[DATA PROVIDED — start]

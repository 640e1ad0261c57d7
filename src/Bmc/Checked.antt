-- ===== src/Bmc/Checked.antt =====
-- The commands that `buildProtoCommand` makes of a checked request.
use metalwatch.Base.{
  ◌≡◌, refl, String, Bool, true, false, Option, some, str_eq, Bool-cases, Option-cases, inl, inr,
  arith,
}
use metalwatch.Base.Int.{ℤ, pos, ◌≤ℤ◌, eqb_ℤ}
use metalwatch.Bmc.{
  ServiceReturn, returned, BmcCommandInput, ProtoCommand, is_power_action, is_auto, fan_is_valid,
  duration_or_default, blank_command, fan_command, validate, build_proto_command,
}

-- A command that the service may send.
pub data IsChecked (c : ProtoCommand) : Type 0 where
  hands_back : c.cmd_type ≡ "fan_speed" → c.auto_mode ≡ true → IsChecked c
  sets_speed :
      c.cmd_type ≡ "fan_speed"
      → c.auto_mode ≡ false
      → pos 1 ≤ℤ c.speed_percent
      → c.speed_percent ≤ℤ pos 100
      → IsChecked c
  switches : c.cmd_type ≡ "power" → is_power_action c.power_action ≡ true → IsChecked c
  identifies :
      c.cmd_type ≡ "identify" → pos 0 ≤ℤ c.duration_sec → c.duration_sec ≤ℤ pos 3600 → IsChecked c

-- A command for a request, with its ID.
pub record BuiltFor (id : String) (o : ServiceReturn ProtoCommand) : Type 0 where
  pub sent : ProtoCommand
  pub built_is : o ≡ returned sent
  pub has_id : sent.command_id ≡ id
  pub checked : IsChecked sent

fan_command-BuiltFor :
    (c : ProtoCommand) (auto : Option Bool) (speed : Option ℤ)
    → c.auto_mode ≡ false
    → fan_is_valid auto speed ≡ true
    → BuiltFor c.command_id (fan_command c auto speed)
fan_command-BuiltFor c auto speed m v = elim (Bool-cases (is_auto auto)) [
  | inl e ↦ rw e (record {
    sent = record c { cmd_type = "fan_speed"; auto_mode = true };
    built_is = refl;
    has_id = refl;
    checked = hands_back refl refl;
  })
  | inr e ↦ elim (Option-cases speed) [
    | inl n ↦ absurd (ground (arith, v, n, e))
    | inr (p, k) ↦
        let low : pos 1 ≤ℤ p = ground (arith, v, k, e) in
        let high : p ≤ℤ pos 100 = ground (arith, v, k, e) in
        let nonzero : eqb_ℤ p (pos 0) ≡ false = ground arith in
        rw (e, k, nonzero)
          (record {
            sent = record c { cmd_type = "fan_speed"; speed_percent = p };
            built_is = refl;
            has_id = refl;
            checked = sets_speed refl m low high;
          })
  ]
]

-- A checked request becomes a command that may be sent.
pub build_proto_command-BuiltFor :
    (id : String) (i : BmcCommandInput)
    → validate i ≡ true
    → BuiltFor id (build_proto_command (some id) i)
unfolding build_proto_command validate
build_proto_command-BuiltFor id i v = elim (Bool-cases (str_eq i.cmd_type "fan")) [
  | inl e ↦ rw e (
      fan_command-BuiltFor (blank_command id i.target) i.auto_mode i.speed_percent refl
        (ground (arith, v, e)))
  | inr nf ↦ elim (Bool-cases (str_eq i.cmd_type "power")) [
    | inl e ↦
        rw (nf, e)
          (record {
            sent = record (blank_command id i.target) {
              cmd_type = "power";
              power_action = i.power_action;
            };
            built_is = refl;
            has_id = refl;
            checked = switches refl (ground (arith, v, nf, e));
          })
    | inr np ↦ elim (Bool-cases (str_eq i.cmd_type "identify")) [
      | inl e ↦
          rw (nf, np, e)
            (record {
              sent = record (blank_command id i.target) {
                cmd_type = "identify";
                duration_sec = duration_or_default i.duration_sec;
              };
              built_is = refl;
              has_id = refl;
              checked =
                  identifies refl (ground (arith, v, nf, np, e)) (ground (arith, v, nf, np, e));
            })
      | inr ni ↦ elim (Bool-cases (str_eq i.cmd_type "policy")) [
        | inl e ↦
            rw (nf, np, ni, e)
              (record {
                sent = record (blank_command id i.target) {
                  cmd_type = "fan_speed";
                  auto_mode = true;
                };
                built_is = refl;
                has_id = refl;
                checked = hands_back refl refl;
              })
        | inr ny ↦ absurd (ground (arith, v, nf, np, ni, ny))
      ]
    ]
  ]
]
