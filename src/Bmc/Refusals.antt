-- ===== src/Bmc/Refusals.antt =====
-- What an error of `Execute` means.
use metalwatch.Base.{
  ◌≡◌, ◌≢◌, ◌↔◌, ◌⊎◌, ◌++◌, ◌∷◌, refl, sym, ap, ◌∙◌, subst, String, true, false, Option, none, some,
  List, [], str_eq, Bool-cases, Option-cases, inl, inr, arith,
}
use metalwatch.Base.Int.{ℤ}
use metalwatch.Bmc.{
  ServiceError, invalid_input, not_found_in_service, other_error, ServiceReturn, refused,
  BmcCommandInput, ProtoCommand, validate, build_proto_command,
}
use metalwatch.Bmc.Checked.{IsChecked, BuiltFor, build_proto_command-BuiltFor}
use metalwatch.Bmc.Execute.{
  AuditRow, Scene, CredentialRead, cred_read, cred_missing, cred_failed, Executed, not_begun,
  Creation, inserted, not_inserted, number_unknown, audited, create, row_of, run_command, built,
  credentials, addressed, execute,
}

module _ (sc : Scene) (host_id : ℤ) (operator : String) (i : BmcCommandInput)
    (audit : List AuditRow) where
  -- The ways that a call can go.
  pub data Course (x : Executed) : Type 0 where
    invalid : validate i ≡ false → x ≡ not_begun audit (refused invalid_input) → Course x
    unable :
        (e : ServiceError)
        → validate i ≡ true
        → e ≢ invalid_input
        → x ≡ not_begun audit (refused e)
        → Course x
    left_pending :
        (cmd : ProtoCommand)
        → validate i ≡ true
        → sc.new_id ≡ some cmd.command_id
        → sc.creation ≡ number_unknown
        → x
          ≡ not_begun
              (create (row_of sc host_id operator i cmd.command_id) audit)
              (refused other_error)
        → Course x
    ran :
        (cmd : ProtoCommand)
        → validate i ≡ true
        → sc.new_id ≡ some cmd.command_id
        → IsChecked cmd
        → x
          ≡ run_command sc host_id operator i cmd
              (create (row_of sc host_id operator i cmd.command_id) audit)
        → Course x

  not_found_is_other : not_found_in_service ≢ invalid_input
  not_found_is_other e = ground (arith, e)

  other_is_other : other_error ≢ invalid_input
  other_is_other e = ground (arith, e)

  audited-Course :
      (c : Creation) (cmd : ProtoCommand)
      → validate i ≡ true
      → sc.new_id ≡ some cmd.command_id
      → sc.creation ≡ c
      → IsChecked cmd
      → Course (audited sc host_id operator i c cmd audit)
  unfolding audited
  audited-Course inserted cmd v n k c = ran cmd v n c refl
  audited-Course not_inserted cmd v n k c = unable other_error v other_is_other refl
  audited-Course number_unknown cmd v n k c = left_pending cmd v n k refl

  built-Course :
      (id : String) (o : ServiceReturn ProtoCommand)
      → validate i ≡ true
      → sc.new_id ≡ some id
      → BuiltFor id o
      → Course (built sc host_id operator i o audit)
  unfolding built
  built-Course id o v n b =
      subst (λ (r : ServiceReturn ProtoCommand). Course (built sc host_id operator i r audit))
        (sym b.built_is)
        (audited-Course sc.creation b.sent v (n ∙ ap (λ (x : String). some x) (sym b.has_id)) refl
          b.checked)

  opened-Course :
      validate i ≡ true
      → Course (built sc host_id operator i (build_proto_command sc.new_id i) audit)
  unfolding built build_proto_command
  opened-Course v = elim (Option-cases sc.new_id) [
    | inl e ↦ rw (build_proto_command, e) (unable other_error v other_is_other refl)
    | inr (id, e) ↦
        subst
          (λ (n : Option String).
            Course (built sc host_id operator i (build_proto_command n i) audit))
          (sym e)
          (built-Course id (build_proto_command (some id) i) v e
            (build_proto_command-BuiltFor id i v))
  ]

  credentials-Course :
      (c : CredentialRead) → validate i ≡ true → Course (credentials sc host_id operator i c audit)
  unfolding credentials
  credentials-Course cred_missing v = unable not_found_in_service v not_found_is_other refl
  credentials-Course cred_failed v = unable other_error v other_is_other refl
  credentials-Course cred_read v = elim (Bool-cases sc.opened) [
    | inl o ↦ simp o (opened-Course v)
    | inr o ↦ rw o (unable other_error v other_is_other refl)
  ]

  addressed-Course :
      (h : Option (Option String))
      → validate i ≡ true
      → Course (addressed sc host_id operator i h audit)
  unfolding addressed
  addressed-Course none v = unable not_found_in_service v not_found_is_other refl
  addressed-Course (some none) v = unable not_found_in_service v not_found_is_other refl
  addressed-Course (some (some ip)) v = elim (Bool-cases (str_eq ip "")) [
    | inl b ↦ rw b (unable not_found_in_service v not_found_is_other refl)
    | inr b ↦ rw b (credentials-Course sc.cred v)
  ]

  pub execute-Course : Course (execute sc host_id operator i audit)
  unfolding execute
  execute-Course = elim (Bool-cases (validate i)) [
    | inl v ↦ rw v (addressed-Course sc.host v)
    | inr v ↦ rw v (invalid v refl)
  ]

  -- What an error may leave: nothing, or the pending row of this request, where its number could
  -- not be told after the INSERT.
  pub data Left (rows : List AuditRow) : Type 0 where
    untouched : rows ≡ audit → Left rows
    one_pending :
        (id : String)
        → sc.new_id ≡ some id
        → sc.creation ≡ number_unknown
        → rows ≡ audit ++ (record (row_of sc host_id operator i id) { status = "pending" } ∷ [])
        → Left rows

  pub record Refused (x : Executed) (e : ServiceError) : Type 0 where
    pub nothing_run : x.calls ≡ []
    pub left : Left x.audit
    pub kind : (e ≡ invalid_input) ↔ (validate i ≡ false)
    pub invalid_leaves_nothing : (e ≢ invalid_input) ⊎ (x.audit ≡ audit)

  Course-Refused :
      (x : Executed) (e : ServiceError) → Course x → x.outcome ≡ refused e → Refused x e
  unfolding run_command
  Course-Refused x e (invalid v p) h =
      let same : e ≡ invalid_input = ground (arith, h, ap (λ (y : Executed). y.outcome) p) in
      let rows = ap (λ (y : Executed). y.audit) p in
      record {
        nothing_run = ap (λ (y : Executed). y.calls) p;
        left = untouched rows;
        kind = (λ _. v, λ _. same);
        invalid_leaves_nothing = inr rows;
      }
  Course-Refused x e (unable f v n p) h =
      let same : e ≡ f = ground (arith, h, ap (λ (y : Executed). y.outcome) p) in
      let rows = ap (λ (y : Executed). y.audit) p in
      record {
        nothing_run = ap (λ (y : Executed). y.calls) p;
        left = untouched rows;
        kind = (λ q. absurd (n (sym same ∙ q)), λ w. absurd (ground (arith, v, w)));
        invalid_leaves_nothing = inr rows;
      }
  Course-Refused x e (left_pending cmd v n k p) h =
      let same : e ≡ other_error = ground (arith, h, ap (λ (y : Executed). y.outcome) p) in
      let differs : e ≢ invalid_input = λ q. other_is_other (sym same ∙ q) in
      record {
        nothing_run = ap (λ (y : Executed). y.calls) p;
        left = one_pending cmd.command_id n k (ap (λ (y : Executed). y.audit) p);
        kind = (λ q. absurd (differs q), λ w. absurd (ground (arith, v, w)));
        invalid_leaves_nothing = inl differs;
      }
  Course-Refused x e (ran cmd v n c p) h =
      absurd (ground (arith, h, ap (λ (y : Executed). y.outcome) p))

  -- An error of Execute means that no call of ipmitool was made, and that the audit is as it was
  -- or, only where LastInsertId failed after the INSERT, has one more row, the pending one of this
  -- operator, host and request; the error is ErrInvalidInput exactly where Validate refuses the
  -- request, and then the audit is as it was.
  pub execute_refuses :
      (e : ServiceError)
      → (execute sc host_id operator i audit).outcome ≡ refused e
      → Refused (execute sc host_id operator i audit) e
  execute_refuses e h = Course-Refused (execute sc host_id operator i audit) e execute-Course h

[DATA PROVIDED — finish]

:: PROBLEM REQUIREMENTS ::
Write out exactly the lines above between the line with "other_is_other e = ground (arith, e)" and the line with "unfolding audited", inclusive, and nothing beyond them.

:: ANSWER BELOW ::
  other_is_other e = ground (arith, e)

  audited-Course :
      (c : Creation) (cmd : ProtoCommand)
      → validate i ≡ true
      → sc.new_id ≡ some cmd.command_id
      → sc.creation ≡ c
      → IsChecked cmd
      → Course (audited sc host_id operator i c cmd audit)
  unfolding audited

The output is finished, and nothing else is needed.